The Open Group Launches the Open Business Architecture (O-BA) Preliminary Standard Part I to Support Business Transformation

The first release of a three part standard designed to improve alignment, governance and integration between the different aspects of business transformation projects

The Open Group, the vendor-neutral IT consortium, has today launched the Open Business Architecture (O-BA) Preliminary Standard Part I, an Open Group standard. The standard focuses on transformations to the enterprise or organization, defining an approach that ensures a clear understanding of the business vision by all stakeholders throughout the enterprise transformation lifecycle. Working in accordance with the standard enhances alignment, governance, and integration between all aspects of business transformation projects.

O-BA Part I describes the practice through a Business Architecture framework called the five-ways framework, the structural challenges it tries to resolve, and how these are resolved by applying the standard. Part I is focused on decision-making and direction-setting.

Developed by The Open Group Governing Board Business Architecture Work Group, this is the first installment of a three-part standard. Combined, the three parts of the standard will explicitly address all aspects of a business architecture practice. Not only will it examine the holistic approach in modeling required, but also the way of working and thinking, as well organizing and supporting.

The standard clearly defines the systemic nature of transformations, the varying interests and goals of stakeholders, and prepares for consistent communication of business priorities and needs throughout the transformation lifecycle.

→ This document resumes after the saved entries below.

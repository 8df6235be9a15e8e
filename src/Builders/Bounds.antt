-- ===== src/Builders/Bounds.antt =====
-- The numbers of replicas that the stateful sets ask for.
use mathlib.Core.Path.{subst}
use telemetry_operator.Base.{
  ◌≡◌, refl, ap, ℤ, pos, negsuc, ℕ, zero, suc, ◌<◌, ◌≤◌, ◌^◌, String, List, [], arith, is_positive,
  rounds, if◌then◌else◌, ltb, Bool-cases, inl, inr,
}
use telemetry_operator.Base.Int.{int32, bits32}
use telemetry_operator.Base.Predicates.{All, All-map}
use telemetry_operator.Kube.{Kube}
use telemetry_operator.Api.Telemetry.{Telemetry}
use telemetry_operator.Objects.{PersistentVolumeClaim, StatefulSet, Volume}
use telemetry_operator.ConfigEnvs.{ConfigEnvs}
use telemetry_operator.Registry.{RegistryConfig}
use telemetry_operator.Versions.{Versions}
use telemetry_operator.Validate.{Outcome, returned, panicked}
use telemetry_operator.Builders.Declared.{value_or}
use telemetry_operator.Builders.Server.{server_replicas, server_set, telemetry_stateful_set}
use telemetry_operator.Builders.Databases.{
  clickhouse_replicas, clickhouse_set, clickhouse_sets, clickhouse_stateful_sets,
}

-- A positive number of 32 bits with a sign.
abbrev pub InRange : ℤ → Type 0
InRange z = (n : ℕ) × (z ≡ pos n) × (1 ≤ n) × (n < 2 ^ 31)

negsuc≢pos : {k n : ℕ} → negsuc k ≡ pos n → ⊥
negsuc≢pos e = cc

int32_lt : (z : ℤ) (n : ℕ) → int32 z ≡ pos n → n < 2 ^ 31
unfolding int32
int32_lt z n e = elim (Bool-cases (ltb (bits32 z) (2 ^ 31))) [
  | inl small ↦ let same : bits32 z ≡ n = ap rounds (rw small at e) in ground (arith, small, same)
  | inr large ↦ absurd (negsuc≢pos (rw large at e))
]

clamped : (z k : ℤ) → int32 z ≡ k → InRange (if is_positive k then k else pos 1)
clamped z (pos zero) e = (1, refl, omega arith, omega arith)
clamped z (pos (suc n)) e = (suc n, refl, omega arith, int32_lt z (suc n) e)
clamped z (negsuc n) e = (1, refl, omega arith, omega arith)

module _ (K : Kube) (versions : Versions) (registry : RegistryConfig) (cr : Telemetry K) where
  server_set-InRange :
      (envs : ConfigEnvs) (hash : String) (tls : Outcome (List Volume))
      (claim : Outcome (PersistentVolumeClaim K)) (s : StatefulSet K)
      → server_set K versions registry cr envs hash tls claim ≡ returned s
      → InRange s.replicas
  unfolding server_replicas
  server_set-InRange envs hash panicked claim s e = cc
  server_set-InRange envs hash (returned tls) panicked s e = cc
  server_set-InRange envs hash (returned tls) (returned claim) s e =
      subst (λ x. InRange x.replicas) (ap (value_or s) e) (clamped cr.spec.replicas _ refl)

  clickhouse_sets-InRange :
      (claim : Outcome (PersistentVolumeClaim K)) (sets : List (StatefulSet K))
      → clickhouse_sets K versions registry cr claim ≡ returned sets
      → All (λ s. InRange s.replicas) sets
  unfolding clickhouse_replicas
  clickhouse_sets-InRange panicked sets e = cc
  clickhouse_sets-InRange (returned claim) sets e =
      subst (All (λ s. InRange s.replicas)) (ap (value_or []) e) (
        All-map _ (clickhouse_set K versions registry cr claim) _
          (λ shard. clamped cr.spec.clickhouse.replicas _ refl))

-- Whatever numbers of replicas the resource asks for, the stateful set of the server and those of all
-- ClickHouse shards, where they can be built, ask for at least one replica and for fewer than 2^31.
pub stateful_sets-InRange :
    (K : Kube) (versions : Versions) (registry : RegistryConfig) (cr : Telemetry K)
    (envs : ConfigEnvs) (hash : String) (s : StatefulSet K) (sets : List (StatefulSet K))
    → telemetry_stateful_set K versions registry cr envs hash ≡ returned s
    → clickhouse_stateful_sets K versions registry cr ≡ returned sets
    → InRange s.replicas × All (λ t. InRange t.replicas) sets
unfolding telemetry_stateful_set clickhouse_stateful_sets
stateful_sets-InRange K versions registry cr envs hash s sets e f = (
  server_set-InRange K versions registry cr envs hash _ _ s e,
  clickhouse_sets-InRange K versions registry cr _ sets f,
)
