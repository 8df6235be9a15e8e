-- ===== src/Builders/Claims.antt =====
-- The volume claims that the operator makes: how many there are and what they are called.
use Prim.Native.String.{◌++◌}
use mathlib.Core.List.{flat_map, map, ◌++◌ as append}
use mathlib.Core.Option
use telemetry_operator.Base.{
  ◌≡◌, refl, sym, ap, ◌∙◌, ℕ, zero, suc, ◌+◌, ◌*◌, ◌<◌, String, Option, none, some, List, [], ◌∷◌,
  rounds, arith, if◌then◌else◌, ltb,
}
use telemetry_operator.Base.Text.{show}
use telemetry_operator.Kube.{Kube}
use telemetry_operator.Api.Telemetry.{Telemetry}
use telemetry_operator.Objects.{PersistentVolumeClaim}
use telemetry_operator.Builders.Labels.{count_up, one_if_zero}
use telemetry_operator.Builders.Front.{telemetry_pvcs}
use telemetry_operator.Builders.Stores.{
  clickhouse_pvcs, clickhouse_keeper_pvcs, clickhouse_keeper_replicas,
}

-- l[i], if there is one
unfoldable pub get_elem? {ℓ} : {A : Type ℓ} → List A → ℕ → Option A
get_elem? [] i = none
get_elem? (x ∷ l) zero = some x
get_elem? (x ∷ l) (suc i) = get_elem? l i

abbrev pub claim_name : (K : Kube) → PersistentVolumeClaim K → String
claim_name K c = c.meta.name

get_elem?-count_up {ℓ} :
    {A : Type ℓ} (f : ℕ → A) (start n i : ℕ)
    → get_elem? (map f (count_up start n)) i ≡ (if ltb i n then some (f (start + i)) else none)
unfolding get_elem? count_up
get_elem?-count_up f start zero i = ground arith
get_elem?-count_up f start (suc n) zero =
    let here : start + 0 ≡ start = omega arith in ground (arith, here)
get_elem?-count_up f start (suc n) (suc i) =
    let moved : suc start + i ≡ start + suc i = omega arith in
    ground (arith, get_elem?-count_up f (suc start) n i, moved)

-- Behind n elements the others follow.
get_elem?-append {ℓ} :
    {A : Type ℓ} (f : ℕ → A) (start n : ℕ) (m : List A) (i : ℕ)
    → get_elem? (append (map f (count_up start n)) m) (n + i) ≡ get_elem? m i
unfolding get_elem? count_up
get_elem?-append f start zero m i = let same : 0 + i ≡ i = omega arith in rw same refl
get_elem?-append f start (suc n) m i =
    let behind : suc n + i ≡ suc (n + i) = omega arith in
    rw behind (get_elem?-append f (suc start) n m i)

get_elem?-append_lt {ℓ} :
    {A : Type ℓ} (f : ℕ → A) (start n : ℕ) (m : List A) (i : ℕ)
    → i < n
    → get_elem? (append (map f (count_up start n)) m) i ≡ some (f (start + i))
unfolding get_elem? count_up
get_elem?-append_lt f start zero m i h = absurd (omega arith)
get_elem?-append_lt f start (suc n) m zero h =
    let here : start + 0 ≡ start = omega arith in rw here refl
get_elem?-append_lt f start (suc n) m (suc i) h =
    let moved : suc start + i ≡ start + suc i = omega arith in
    rw (sym moved) (get_elem?-append_lt f (suc start) n m i (omega arith))

-- Rows of r elements one after the other.
get_elem?-rows {ℓ} :
    {A : Type ℓ} (f : ℕ → ℕ → A) (start s r j i : ℕ)
    → j < s
    → i < r
    → get_elem? (flat_map (λ a. map (f a) (count_up 0 r)) (count_up start s)) (j * r + i)
      ≡ some (f (start + j) i)
unfolding flat_map count_up
get_elem?-rows f start zero r j i h k = absurd (omega arith)
get_elem?-rows f start (suc s) r zero i h k =
    let none_before : start + 0 ≡ start = omega arith in
    let place : 0 * r + i ≡ i = omega arith in
    let same : 0 + i ≡ i = omega arith in
    rw (none_before, place)
      (get_elem?-append_lt (f start) 0 r _ i k ∙ ap (λ a. some (f start a)) same)
get_elem?-rows f start (suc s) r (suc j) i h k =
    let moved : suc start + j ≡ start + suc j = omega arith in
    let place : suc j * r + i ≡ r + (j * r + i) = omega arith in
    rw (place, sym moved)
      (get_elem?-append (f start) 0 r _ (j * r + i)
        ∙ get_elem?-rows f (suc start) s r j i (omega arith) k)

-- The i-th claim of the telemetry server, for as many i as there are replicas (one, if the number is
-- zero; none, if it is negative), and there is no further claim.
pub telemetry_pvcs-name :
    (K : Kube) (cr : Telemetry K) (i : ℕ)
    → Option.map (claim_name K) (get_elem? (telemetry_pvcs K cr) i) ≡ (
        if ltb i (rounds (one_if_zero cr.spec.replicas))
        then some ("data-" ++ cr.name ++ "-telemetry-" ++ show i)
        else none)
unfolding telemetry_pvcs
telemetry_pvcs-name K cr i = rw get_elem?-count_up (ground arith)

-- The i-th claim of the keeper, of which there are as many as the keeper has replicas.
pub clickhouse_keeper_pvcs-name :
    (K : Kube) (cr : Telemetry K) (i : ℕ)
    → Option.map (claim_name K) (get_elem? (clickhouse_keeper_pvcs K cr) i) ≡ (
        if ltb i (rounds (clickhouse_keeper_replicas K cr))
        then some ("data-" ++ cr.name ++ "-clickhouse-keeper-" ++ show i)
        else none)
unfolding clickhouse_keeper_pvcs
clickhouse_keeper_pvcs-name K cr i = rw get_elem?-count_up (ground arith)

-- The claims of Clickhouse come shard by shard: for each shard below their number and each replica
-- below theirs, the claim at shard * replicas + replica has the name of that shard and replica.
pub clickhouse_pvcs-name :
    (K : Kube) (cr : Telemetry K) (shard replica : ℕ)
    → shard < rounds (one_if_zero cr.spec.clickhouse.shards)
    → replica < rounds (one_if_zero cr.spec.clickhouse.replicas)
    → Option.map (claim_name K) (
        get_elem?
          (clickhouse_pvcs K cr)
          (shard * rounds (one_if_zero cr.spec.clickhouse.replicas) + replica))
      ≡ some ("data-" ++ cr.name ++ "-clickhouse-shard-" ++ show shard ++ "-" ++ show replica)
unfolding clickhouse_pvcs
clickhouse_pvcs-name K cr shard replica h k =
    let here : 0 + shard ≡ shard = omega arith in
    ap (Option.map (claim_name K)) (get_elem?-rows _ 0 _ _ shard replica h k)
    ∙ ap (λ a. some ("data-" ++ cr.name ++ "-clickhouse-shard-" ++ show a ++ "-" ++ show replica))
        here
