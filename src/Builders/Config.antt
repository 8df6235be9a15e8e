-- ===== src/Builders/Config.antt =====
-- controller/telemetry.go: the configuration of the telemetry server (telemetryConfigMap) and the
-- deployment of older versions (telemetryDeployment). The YAML encoder (sigs.k8s.io/yaml, which is not
-- part of the repository) is a parameter.
use Prim.Native.String.{◌++◌}
use telemetry_operator.Base.{
  String, Bool, Option, none, some, List, [], ◌∷◌, is_some, is_zero_ℤ, if◌then◌else◌,
}
use telemetry_operator.Base.Sha256.{sha256_hex}
use telemetry_operator.Kube.{Kube}
use telemetry_operator.Api.Access.{SsoSpec, AiSpec}
use telemetry_operator.Api.Projects.{ProjectSpec}
use telemetry_operator.Api.Telemetry.{Telemetry, TelemetrySpec}
use telemetry_operator.Cluster.{Result, ok, err}
use telemetry_operator.Objects.{ConfigMap, Deployment}
use telemetry_operator.Builders.Labels.{meta_of}
use telemetry_operator.Builders.Environment.{https_listen_of}

-- The type TLS of the function.
pub record TlsFiles : Type 0 where
  pub cert_file : String
  pub key_file : String

-- The type Config of the function.
pub record Config (K : Kube) : Type 0 where
  pub listen_address : String
  pub https_listen_address : String
  pub http_disabled : Bool
  pub disable_builtin_alerts : Bool
  pub projects : List (ProjectSpec K)
  pub sso : Option SsoSpec
  pub ai : Option AiSpec
  pub tls : Option TlsFiles

unfoldable pub telemetry_config : (K : Kube) → TelemetrySpec K → Config K
telemetry_config K spec = record {
  listen_address = if spec.http_disabled then "" else ":8080";
  https_listen_address = if is_zero_ℤ spec.service.https_port then "" else https_listen_of K spec;
  http_disabled = spec.http_disabled;
  disable_builtin_alerts = spec.disable_builtin_alerts;
  projects = spec.projects;
  sso = spec.sso;
  ai = spec.ai;
  tls =
      if is_some spec.tls
      then some (record { cert_file = "/config/tls/tls.crt"; key_file = "/config/tls/tls.key" })
      else none;
}

-- The bytes, of which there are none after an error.
abbrev text_of : Result String → String
text_of (ok text) = text
text_of (err e) = ""

-- telemetryConfigMap: the object and the hash of its content
unfoldable pub telemetry_config_map :
    (K : Kube) → (Config K → Result String) → Telemetry K → ConfigMap × String
unfolding telemetry_config
telemetry_config_map K marshal cr =
    let text = text_of (marshal (telemetry_config K cr.spec)) in
    (
      record {
        meta = meta_of K cr (cr.name ++ "-telemetry") "telemetry";
        binary_data = ("config.yaml", text) ∷ [];
      },
      sha256_hex text,
    )

-- telemetryDeployment: a bare object, to be deleted
unfoldable pub telemetry_deployment : (K : Kube) → Telemetry K → Deployment K
telemetry_deployment K cr = record {
  meta = meta_of K cr (cr.name ++ "-telemetry") "telemetry";
  match_labels = [];
  strategy = "";
  template = none;
}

It addresses a real need to solve structural challenges in enterprise and organizational transformations.

O-BA Part I is being published initially as a Preliminary Standard since it addresses an emerging area of best practice. It is therefore subject to change before being published as a full Open Group Standard in due course.

“The Open Business Architecture Standard Part I is the first in a series of installments that will help Business Architects get to grips with transformation initiatives and manage the demands of key stakeholders within the organization,” commented Steve Nunn, President and CEO, The Open Group. “Organizations must now take advantage of open standards like O-BA, to support infrastructures that can enable the kind of Boundaryless Information Flow™ today’s digital enterprises need.”

William Ulrich, President, Business Architecture Guild, who has consulted on the development of the standard, added, “Business architecture continues to expand globally, across multiple industries. This is exemplified by the expansion of the discipline at the grassroots level and across standards organizations. Business architecture has reached a stage where business executives are not only taking notice, but taking action.”

“This standard is an answer to the increasing need for a modern practice, as we observe in many communication service providers transforming to digital service providers: focused on business value, centered on customer experience and open to the digital industry ecosystem”, said Giovanni Traverso, Principal Enterprise Architect at Huawei Technologies, Global Technical Services, who are a Platinum member of The Open Group.

Open Business Architecture (O-BA) – Part I, is available to download as a pdf from The Open Group website, and was presented to attendees at The Open Group Austin Event on July 18th.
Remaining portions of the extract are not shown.